(Dataset entries)
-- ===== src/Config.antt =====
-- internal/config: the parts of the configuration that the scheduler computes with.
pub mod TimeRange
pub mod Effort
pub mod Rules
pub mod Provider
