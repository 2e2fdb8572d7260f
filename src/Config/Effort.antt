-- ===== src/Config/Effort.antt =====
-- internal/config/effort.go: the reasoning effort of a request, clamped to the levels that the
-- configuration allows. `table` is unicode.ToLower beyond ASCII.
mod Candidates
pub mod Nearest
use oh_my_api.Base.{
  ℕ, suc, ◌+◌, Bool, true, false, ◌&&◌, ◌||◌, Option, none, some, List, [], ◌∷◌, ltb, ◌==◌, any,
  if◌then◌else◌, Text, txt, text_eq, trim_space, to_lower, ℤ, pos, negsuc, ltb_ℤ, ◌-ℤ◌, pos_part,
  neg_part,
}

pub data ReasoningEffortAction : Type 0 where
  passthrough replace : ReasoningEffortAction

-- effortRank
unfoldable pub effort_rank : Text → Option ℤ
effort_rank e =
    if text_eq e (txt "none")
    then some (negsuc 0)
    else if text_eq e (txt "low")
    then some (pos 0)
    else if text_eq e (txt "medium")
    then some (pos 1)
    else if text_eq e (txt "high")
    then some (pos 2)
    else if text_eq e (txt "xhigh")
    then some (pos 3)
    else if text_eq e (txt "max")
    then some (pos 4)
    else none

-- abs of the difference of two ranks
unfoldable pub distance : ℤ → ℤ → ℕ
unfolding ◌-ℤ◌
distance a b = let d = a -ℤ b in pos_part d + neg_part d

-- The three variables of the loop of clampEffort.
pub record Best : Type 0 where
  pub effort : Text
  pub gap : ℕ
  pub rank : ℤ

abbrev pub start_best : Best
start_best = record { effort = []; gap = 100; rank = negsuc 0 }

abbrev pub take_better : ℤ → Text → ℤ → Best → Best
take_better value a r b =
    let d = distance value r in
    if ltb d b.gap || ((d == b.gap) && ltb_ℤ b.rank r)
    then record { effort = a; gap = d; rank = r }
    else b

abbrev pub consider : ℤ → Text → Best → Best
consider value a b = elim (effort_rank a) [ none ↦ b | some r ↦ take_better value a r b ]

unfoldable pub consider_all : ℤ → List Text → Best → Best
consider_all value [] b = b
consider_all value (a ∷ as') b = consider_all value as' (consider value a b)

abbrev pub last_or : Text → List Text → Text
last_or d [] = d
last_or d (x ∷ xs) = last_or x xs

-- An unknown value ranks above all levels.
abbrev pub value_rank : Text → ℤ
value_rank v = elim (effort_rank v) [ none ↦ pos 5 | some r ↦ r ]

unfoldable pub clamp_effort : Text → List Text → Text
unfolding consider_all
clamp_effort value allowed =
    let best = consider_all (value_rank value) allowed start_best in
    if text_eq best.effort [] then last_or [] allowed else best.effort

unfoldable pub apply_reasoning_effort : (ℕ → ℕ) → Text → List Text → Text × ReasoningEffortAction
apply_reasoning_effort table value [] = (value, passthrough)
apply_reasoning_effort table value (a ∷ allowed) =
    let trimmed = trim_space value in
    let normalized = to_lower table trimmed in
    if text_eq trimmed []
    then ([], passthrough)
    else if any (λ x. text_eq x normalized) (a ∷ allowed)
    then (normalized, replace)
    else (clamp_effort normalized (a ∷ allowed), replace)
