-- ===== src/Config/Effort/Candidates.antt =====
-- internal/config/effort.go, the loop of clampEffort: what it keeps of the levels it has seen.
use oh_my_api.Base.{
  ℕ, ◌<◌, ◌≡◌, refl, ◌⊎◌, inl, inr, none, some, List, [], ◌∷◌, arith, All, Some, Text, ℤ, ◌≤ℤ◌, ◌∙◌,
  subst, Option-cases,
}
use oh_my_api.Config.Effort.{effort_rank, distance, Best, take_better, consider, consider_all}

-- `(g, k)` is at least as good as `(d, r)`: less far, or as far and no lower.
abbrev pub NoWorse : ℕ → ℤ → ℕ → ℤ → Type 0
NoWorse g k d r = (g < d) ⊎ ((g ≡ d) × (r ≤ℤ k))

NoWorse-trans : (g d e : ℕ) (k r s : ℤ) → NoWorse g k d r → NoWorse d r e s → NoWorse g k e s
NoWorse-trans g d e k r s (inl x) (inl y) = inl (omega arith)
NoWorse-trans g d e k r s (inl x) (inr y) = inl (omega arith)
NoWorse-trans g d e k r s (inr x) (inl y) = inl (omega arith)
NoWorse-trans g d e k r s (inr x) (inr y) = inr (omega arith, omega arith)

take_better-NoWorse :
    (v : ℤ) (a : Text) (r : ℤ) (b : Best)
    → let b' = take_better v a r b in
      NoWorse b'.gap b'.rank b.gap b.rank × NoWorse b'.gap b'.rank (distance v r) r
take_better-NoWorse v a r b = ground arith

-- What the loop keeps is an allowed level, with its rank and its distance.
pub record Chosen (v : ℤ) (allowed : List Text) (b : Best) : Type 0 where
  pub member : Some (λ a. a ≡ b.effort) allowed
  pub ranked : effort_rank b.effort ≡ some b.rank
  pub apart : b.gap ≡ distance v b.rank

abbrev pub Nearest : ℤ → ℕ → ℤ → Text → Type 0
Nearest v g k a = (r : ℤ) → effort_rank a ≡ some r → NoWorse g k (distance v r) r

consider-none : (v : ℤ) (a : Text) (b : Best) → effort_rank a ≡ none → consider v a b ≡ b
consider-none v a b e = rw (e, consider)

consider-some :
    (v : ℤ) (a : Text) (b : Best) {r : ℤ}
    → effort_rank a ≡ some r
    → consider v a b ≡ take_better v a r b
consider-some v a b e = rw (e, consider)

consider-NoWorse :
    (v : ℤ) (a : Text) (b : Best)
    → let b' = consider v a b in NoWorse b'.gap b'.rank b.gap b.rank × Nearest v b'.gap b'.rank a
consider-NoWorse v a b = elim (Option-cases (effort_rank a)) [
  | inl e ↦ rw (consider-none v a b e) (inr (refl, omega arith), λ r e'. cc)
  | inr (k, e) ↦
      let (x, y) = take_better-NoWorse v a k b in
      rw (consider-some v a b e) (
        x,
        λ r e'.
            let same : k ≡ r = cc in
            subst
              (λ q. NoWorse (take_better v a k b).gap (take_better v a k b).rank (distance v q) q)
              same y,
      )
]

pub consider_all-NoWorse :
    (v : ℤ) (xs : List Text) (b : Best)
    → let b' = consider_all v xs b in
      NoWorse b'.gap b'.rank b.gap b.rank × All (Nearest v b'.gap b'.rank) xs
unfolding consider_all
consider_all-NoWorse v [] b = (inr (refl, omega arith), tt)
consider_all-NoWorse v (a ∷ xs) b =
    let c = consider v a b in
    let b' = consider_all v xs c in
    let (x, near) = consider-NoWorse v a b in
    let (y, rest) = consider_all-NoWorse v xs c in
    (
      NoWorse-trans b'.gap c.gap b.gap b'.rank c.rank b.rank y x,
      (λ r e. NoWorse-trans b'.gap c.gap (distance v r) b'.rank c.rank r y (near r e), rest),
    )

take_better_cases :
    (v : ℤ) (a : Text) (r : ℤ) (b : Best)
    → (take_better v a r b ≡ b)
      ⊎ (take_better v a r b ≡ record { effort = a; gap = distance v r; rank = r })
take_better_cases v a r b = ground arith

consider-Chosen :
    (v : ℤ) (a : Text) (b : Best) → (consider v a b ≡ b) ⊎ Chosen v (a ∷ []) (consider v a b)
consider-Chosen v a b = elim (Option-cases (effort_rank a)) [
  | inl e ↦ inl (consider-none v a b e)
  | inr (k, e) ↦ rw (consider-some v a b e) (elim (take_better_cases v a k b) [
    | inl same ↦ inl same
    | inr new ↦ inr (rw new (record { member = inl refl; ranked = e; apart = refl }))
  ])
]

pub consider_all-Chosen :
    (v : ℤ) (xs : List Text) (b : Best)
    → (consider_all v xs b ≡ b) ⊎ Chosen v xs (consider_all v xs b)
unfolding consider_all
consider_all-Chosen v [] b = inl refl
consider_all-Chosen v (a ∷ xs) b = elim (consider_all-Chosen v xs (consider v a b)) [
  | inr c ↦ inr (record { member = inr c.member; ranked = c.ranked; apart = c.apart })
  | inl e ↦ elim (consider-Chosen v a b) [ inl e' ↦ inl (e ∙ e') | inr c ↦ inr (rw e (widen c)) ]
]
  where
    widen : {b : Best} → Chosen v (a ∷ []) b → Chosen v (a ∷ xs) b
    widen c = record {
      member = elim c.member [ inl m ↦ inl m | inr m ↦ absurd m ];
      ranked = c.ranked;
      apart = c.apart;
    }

• Work instructions
Only lines with the word "loop" are wanted; pull each of them from the records.

• Result of this exercise
-- The three variables of the loop of clampEffort.
-- internal/config/effort.go, the loop of clampEffort: what it keeps of the levels it has seen.
-- What the loop keeps is an allowed level, with its rank and its distance.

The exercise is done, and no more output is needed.